Index theorems for couples of holomorphic self-maps

TL;DR

This paper develops index theorems for pairs of holomorphic self-maps on complex manifolds that agree on a hypersurface, using foliation and connection techniques to localize characteristic classes.

Contribution

It introduces a method to define holomorphic foliations and connections on hypersurfaces where two holomorphic maps coincide, enabling new index theorems in complex geometry.

Findings

Defined a holomorphic foliation on the hypersurface minus singularities.

Constructed partial holomorphic connections on vector bundles.

Derived index theorems by localizing characteristic classes.

Abstract

Let $M$ be a $n$-dimensional complex manifold and $f,g:M\to M$ two distinct holomorphic self-maps.
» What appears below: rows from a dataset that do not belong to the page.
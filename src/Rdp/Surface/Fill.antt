-- ===== src/Rdp/Surface/Fill.antt =====
-- `remplir` of rdp-sidecar/src/surface.rs against `ecrire`.
use avash.Base.{
  ℕ, zero, suc, ◌+◌, ◌*◌, ◌≤◌, ◌≡◌, refl, ap, sym, ◌∙◌, inl, inr, some, [], ◌∷◌, ◌++◌, arith,
  length, length-append, take, Option-cases,
}
use avash.Base.Text.{Bytes}
use avash.Rdp.Frame.{slice}
use avash.Rdp.Surface.{
  Surface, Zone, crop, splice, row_start, write_rows, write, colour_row, fill_rows, fill,
}
use avash.Rdp.Surface.Crop.{FitsIn, crop-narrow}
use avash.Rdp.Surface.Rows.{length-splice}
use avash.Rdp.Surface.RoundTrip.{
  IsWhole, leb-true, ltb-false, row_start-within, write_rows-step, crop-FitsIn,
}

take-append : (a b : Bytes) (n : ℕ) → take (length a + n) (a ++ b) ≡ a ++ take n b
take-append [] b n = let e : 0 + n ≡ n = omega arith in ap (λ m. take m b) e
take-append (c ∷ a) b n =
    let e : suc (length a) + n ≡ suc (length a + n) = omega arith in
    ap (λ m. take m (c ∷ (a ++ b))) e ∙ ap (◌∷◌ c) (take-append a b n)

module _ (colour : Bytes) (four : length colour ≡ 4) where
  colour_row-length : (n : ℕ) → length (colour_row n colour) ≡ n * 4
  colour_row-length zero = refl
  colour_row-length (suc n) =
      length-append colour (colour_row n colour) ∙ omega (arith, four, colour_row-length n)

  colour_row-take : (n m : ℕ) → n ≤ m → take (n * 4) (colour_row m colour) ≡ colour_row n colour
  colour_row-take zero m h = refl
  colour_row-take (suc n) zero h = elim h [ ]
  colour_row-take (suc n) (suc m) h =
      let e : suc n * 4 ≡ length colour + n * 4 = omega (arith, four) in
      ap (λ k. take k (colour ++ colour_row m colour)) e
      ∙ (take-append colour (colour_row m colour) (n * 4)
          ∙ ap (◌++◌ colour) (colour_row-take n m (omega arith)))

  slice-colour_row :
      (n m at : ℕ)
      → n ≤ m
      → at ≡ 0
      → slice (colour_row m colour) at (n * 4) ≡ some (colour_row n colour)
  unfolding slice
  slice-colour_row n m at h z = rw z (
      rw
        (
          slice,
          leb-true (0 + n * 4) (length (colour_row m colour))
              (omega (arith, h, colour_row-length m)),
        )
        (ap some (colour_row-take n m h)))

  fill_rows-write_rows :
      (s : Surface) (z : Zone) (m : ℕ)
      → FitsIn s.width s.height z
      → z.width ≤ m
      → (n row : ℕ) (buf : Bytes) → row + n ≤ z.height
      → length buf ≡ s.width * s.height * 4
      → fill_rows s z colour n row buf ≡ some (write_rows s z (colour_row m colour) 0 n row buf)
  unfolding fill_rows
  fill_rows-write_rows s z m fits narrow zero row buf h whole = unfold write_rows in refl
  fill_rows-write_rows s z m fits narrow (suc n) row buf h whole =
      let t = ltb-false (length buf) (row_start s z row + z.width * 4) (
        omega
          (arith, whole, row_start-within s z (colour_row m colour) 0 fits row (omega arith))) in
      rw (fill_rows, t)
        (fill_rows-write_rows s z m fits narrow n (row + 1)
            (splice buf (row_start s z row) (colour_row z.width colour)) (omega arith)
            (length-splice buf (row_start s z row) (colour_row z.width colour) ∙ whole)
          ∙ ap some (
              sym (
                write_rows-step s z (colour_row m colour) 0 fits n row buf
                  (colour_row z.width colour)
                  (slice-colour_row z.width m (row * 0) narrow (omega arith)) t)))

  -- On a whole surface, filling a zone with a colour of four bytes does not panic, and is writing
  -- one row of that colour over and over.
  pub fill-write :
      (s : Surface) (zone : Zone)
      → IsWhole s
      → fill s zone colour ≡ some (write s zone (colour_row zone.width colour) 0)
  unfolding fill write
  fill-write s zone whole = elim (Option-cases (crop zone s.width s.height)) [
    | inl e ↦ rw (fill, write, e) refl
    | inr (z, e) ↦
        rw (fill, write, e)
          (rw
            (fill_rows-write_rows s z zone.width (crop-FitsIn zone z s.width s.height e)
              (crop-narrow zone z s.width s.height e) z.height 0 s.pixels (omega arith) whole)
            refl)
  ]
Suppose that $f$ and $g$ coincide on a globally irreducible compact hypersurface $S\subset M$. We show that if one of the two maps is a local biholomorphism around $S'=S-\text{Sing}(S)$ and, if needed, $S'$ sits into $M$ in a particular nice way, then it is possible to define a $1$-dimensional holomorphic (possibly singular) foliation on $S'$ and partial holomorphic connections on certain holomorphic vector bundles on $S'$. As a consequence, we are able to localize suitable characteristic classes and thus to get index theorems.